WHAT THIS TASK INVOLVES: Each line from the start of the listing below through the line containing "open inv use" should be reproduced exactly, with no others.

PROVIDED DATA:
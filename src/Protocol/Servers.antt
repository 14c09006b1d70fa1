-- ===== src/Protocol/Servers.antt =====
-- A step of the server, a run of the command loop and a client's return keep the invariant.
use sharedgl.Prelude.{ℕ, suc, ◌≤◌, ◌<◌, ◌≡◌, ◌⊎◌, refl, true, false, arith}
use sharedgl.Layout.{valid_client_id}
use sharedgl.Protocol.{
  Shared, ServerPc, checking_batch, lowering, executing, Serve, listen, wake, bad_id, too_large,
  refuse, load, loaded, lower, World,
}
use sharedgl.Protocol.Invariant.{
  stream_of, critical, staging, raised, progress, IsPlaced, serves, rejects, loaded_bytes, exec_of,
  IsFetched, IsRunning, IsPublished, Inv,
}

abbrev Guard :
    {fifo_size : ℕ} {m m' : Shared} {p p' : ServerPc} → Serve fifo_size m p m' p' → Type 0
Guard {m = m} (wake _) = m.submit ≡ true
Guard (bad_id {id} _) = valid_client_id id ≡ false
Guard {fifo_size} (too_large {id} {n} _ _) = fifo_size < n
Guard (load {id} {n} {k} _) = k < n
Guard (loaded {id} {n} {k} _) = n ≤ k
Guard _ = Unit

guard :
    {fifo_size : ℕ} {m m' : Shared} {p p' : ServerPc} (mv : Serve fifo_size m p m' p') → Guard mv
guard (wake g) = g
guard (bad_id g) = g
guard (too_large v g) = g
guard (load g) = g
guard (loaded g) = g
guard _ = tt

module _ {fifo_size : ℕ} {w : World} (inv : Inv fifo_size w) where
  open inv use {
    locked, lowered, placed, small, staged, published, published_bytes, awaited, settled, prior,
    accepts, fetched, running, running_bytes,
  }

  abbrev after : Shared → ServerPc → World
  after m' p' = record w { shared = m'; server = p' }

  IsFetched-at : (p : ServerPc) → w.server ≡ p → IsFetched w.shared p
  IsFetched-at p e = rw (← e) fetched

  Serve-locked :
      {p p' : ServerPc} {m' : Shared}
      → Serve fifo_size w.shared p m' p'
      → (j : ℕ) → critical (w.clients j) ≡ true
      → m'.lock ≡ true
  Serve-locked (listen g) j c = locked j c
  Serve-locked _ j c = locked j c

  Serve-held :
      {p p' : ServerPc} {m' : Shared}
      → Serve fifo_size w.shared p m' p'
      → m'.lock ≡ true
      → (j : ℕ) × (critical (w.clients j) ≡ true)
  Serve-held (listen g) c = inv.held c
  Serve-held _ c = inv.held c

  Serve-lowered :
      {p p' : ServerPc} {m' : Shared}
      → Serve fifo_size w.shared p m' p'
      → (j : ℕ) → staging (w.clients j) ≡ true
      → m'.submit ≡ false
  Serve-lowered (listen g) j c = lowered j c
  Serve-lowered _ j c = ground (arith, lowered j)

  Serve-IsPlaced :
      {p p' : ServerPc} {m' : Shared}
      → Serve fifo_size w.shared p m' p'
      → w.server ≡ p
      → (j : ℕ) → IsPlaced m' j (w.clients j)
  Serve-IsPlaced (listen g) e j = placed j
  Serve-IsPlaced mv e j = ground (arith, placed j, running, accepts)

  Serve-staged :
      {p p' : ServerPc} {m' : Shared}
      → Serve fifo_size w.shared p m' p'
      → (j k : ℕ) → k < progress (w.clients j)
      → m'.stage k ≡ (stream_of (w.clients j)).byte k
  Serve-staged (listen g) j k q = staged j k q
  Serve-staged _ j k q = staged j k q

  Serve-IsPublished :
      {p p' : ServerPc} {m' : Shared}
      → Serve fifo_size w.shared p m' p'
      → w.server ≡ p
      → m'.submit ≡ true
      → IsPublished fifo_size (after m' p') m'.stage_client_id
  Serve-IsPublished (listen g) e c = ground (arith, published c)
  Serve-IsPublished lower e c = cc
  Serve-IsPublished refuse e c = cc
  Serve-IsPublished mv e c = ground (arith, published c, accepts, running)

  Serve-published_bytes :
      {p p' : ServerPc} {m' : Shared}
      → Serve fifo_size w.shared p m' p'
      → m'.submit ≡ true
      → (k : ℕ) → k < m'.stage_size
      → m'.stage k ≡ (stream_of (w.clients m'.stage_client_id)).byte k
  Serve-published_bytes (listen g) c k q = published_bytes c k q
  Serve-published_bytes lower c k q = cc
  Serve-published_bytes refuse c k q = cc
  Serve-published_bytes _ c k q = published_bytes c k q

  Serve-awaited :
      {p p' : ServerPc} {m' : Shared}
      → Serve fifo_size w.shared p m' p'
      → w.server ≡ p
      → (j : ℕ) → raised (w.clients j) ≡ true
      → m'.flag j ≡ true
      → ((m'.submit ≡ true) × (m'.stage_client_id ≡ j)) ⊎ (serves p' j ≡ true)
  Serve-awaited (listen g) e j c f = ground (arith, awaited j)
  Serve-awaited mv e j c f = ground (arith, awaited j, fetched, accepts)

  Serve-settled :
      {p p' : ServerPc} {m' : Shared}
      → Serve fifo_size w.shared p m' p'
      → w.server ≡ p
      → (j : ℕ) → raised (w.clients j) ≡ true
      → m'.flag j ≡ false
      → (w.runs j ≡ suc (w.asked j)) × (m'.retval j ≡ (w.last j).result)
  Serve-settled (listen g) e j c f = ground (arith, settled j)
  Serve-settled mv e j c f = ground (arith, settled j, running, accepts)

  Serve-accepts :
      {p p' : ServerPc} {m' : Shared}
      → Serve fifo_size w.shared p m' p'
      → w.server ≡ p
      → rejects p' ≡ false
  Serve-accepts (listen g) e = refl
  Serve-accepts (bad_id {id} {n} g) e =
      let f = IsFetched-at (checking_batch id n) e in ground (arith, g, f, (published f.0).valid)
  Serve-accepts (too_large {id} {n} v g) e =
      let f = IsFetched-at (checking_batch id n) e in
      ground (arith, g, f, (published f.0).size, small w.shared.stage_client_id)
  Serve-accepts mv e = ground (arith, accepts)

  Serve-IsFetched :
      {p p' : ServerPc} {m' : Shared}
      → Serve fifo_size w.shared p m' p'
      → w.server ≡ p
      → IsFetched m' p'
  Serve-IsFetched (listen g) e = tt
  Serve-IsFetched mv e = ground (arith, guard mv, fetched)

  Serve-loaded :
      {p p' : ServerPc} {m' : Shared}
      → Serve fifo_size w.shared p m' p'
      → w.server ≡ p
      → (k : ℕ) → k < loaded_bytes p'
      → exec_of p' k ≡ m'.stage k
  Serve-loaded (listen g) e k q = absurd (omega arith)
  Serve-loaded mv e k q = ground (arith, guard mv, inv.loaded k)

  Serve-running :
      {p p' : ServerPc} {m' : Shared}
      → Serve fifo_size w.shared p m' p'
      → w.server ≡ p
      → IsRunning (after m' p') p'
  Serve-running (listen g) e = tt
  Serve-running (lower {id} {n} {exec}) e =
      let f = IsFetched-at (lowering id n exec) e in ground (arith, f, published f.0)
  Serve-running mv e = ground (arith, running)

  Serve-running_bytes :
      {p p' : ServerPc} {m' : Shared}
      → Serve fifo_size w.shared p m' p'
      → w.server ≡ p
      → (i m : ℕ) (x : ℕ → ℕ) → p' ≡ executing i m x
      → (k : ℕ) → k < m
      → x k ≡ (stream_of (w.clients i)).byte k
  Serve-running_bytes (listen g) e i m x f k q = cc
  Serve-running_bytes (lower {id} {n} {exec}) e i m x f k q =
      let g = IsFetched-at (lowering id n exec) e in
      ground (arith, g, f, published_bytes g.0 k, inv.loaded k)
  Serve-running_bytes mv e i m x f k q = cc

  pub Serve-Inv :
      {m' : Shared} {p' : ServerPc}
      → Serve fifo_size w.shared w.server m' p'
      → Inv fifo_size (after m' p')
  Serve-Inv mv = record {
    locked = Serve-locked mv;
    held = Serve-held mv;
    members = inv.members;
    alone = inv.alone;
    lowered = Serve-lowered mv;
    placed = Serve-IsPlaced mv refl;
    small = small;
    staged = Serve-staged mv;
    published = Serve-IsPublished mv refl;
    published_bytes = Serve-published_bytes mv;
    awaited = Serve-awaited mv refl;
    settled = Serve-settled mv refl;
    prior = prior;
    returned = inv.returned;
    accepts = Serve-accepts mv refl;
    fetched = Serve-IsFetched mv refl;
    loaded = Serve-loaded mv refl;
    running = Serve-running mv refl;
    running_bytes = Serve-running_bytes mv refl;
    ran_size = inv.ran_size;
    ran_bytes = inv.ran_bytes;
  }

WRITTEN SOLUTION:
filename src/Protocol/Servers.antt
repository 14c09006b1d70fa1
-- ===== src/Protocol/Servers.antt =====
-- A step of the server, a run of the command loop and a client's return keep the invariant.
use sharedgl.Prelude.{ℕ, suc, ◌≤◌, ◌<◌, ◌≡◌, ◌⊎◌, refl, true, false, arith}
use sharedgl.Layout.{valid_client_id}
use sharedgl.Protocol.{
  Shared, ServerPc, checking_batch, lowering, executing, Serve, listen, wake, bad_id, too_large,
  refuse, load, loaded, lower, World,
}
use sharedgl.Protocol.Invariant.{
  stream_of, critical, staging, raised, progress, IsPlaced, serves, rejects, loaded_bytes, exec_of,
  IsFetched, IsRunning, IsPublished, Inv,
}

abbrev Guard :
    {fifo_size : ℕ} {m m' : Shared} {p p' : ServerPc} → Serve fifo_size m p m' p' → Type 0
Guard {m = m} (wake _) = m.submit ≡ true
Guard (bad_id {id} _) = valid_client_id id ≡ false
Guard {fifo_size} (too_large {id} {n} _ _) = fifo_size < n
Guard (load {id} {n} {k} _) = k < n
Guard (loaded {id} {n} {k} _) = n ≤ k
Guard _ = Unit

guard :
    {fifo_size : ℕ} {m m' : Shared} {p p' : ServerPc} (mv : Serve fifo_size m p m' p') → Guard mv
guard (wake g) = g
guard (bad_id g) = g
guard (too_large v g) = g
guard (load g) = g
guard (loaded g) = g
guard _ = tt

module _ {fifo_size : ℕ} {w : World} (inv : Inv fifo_size w) where
  open inv use {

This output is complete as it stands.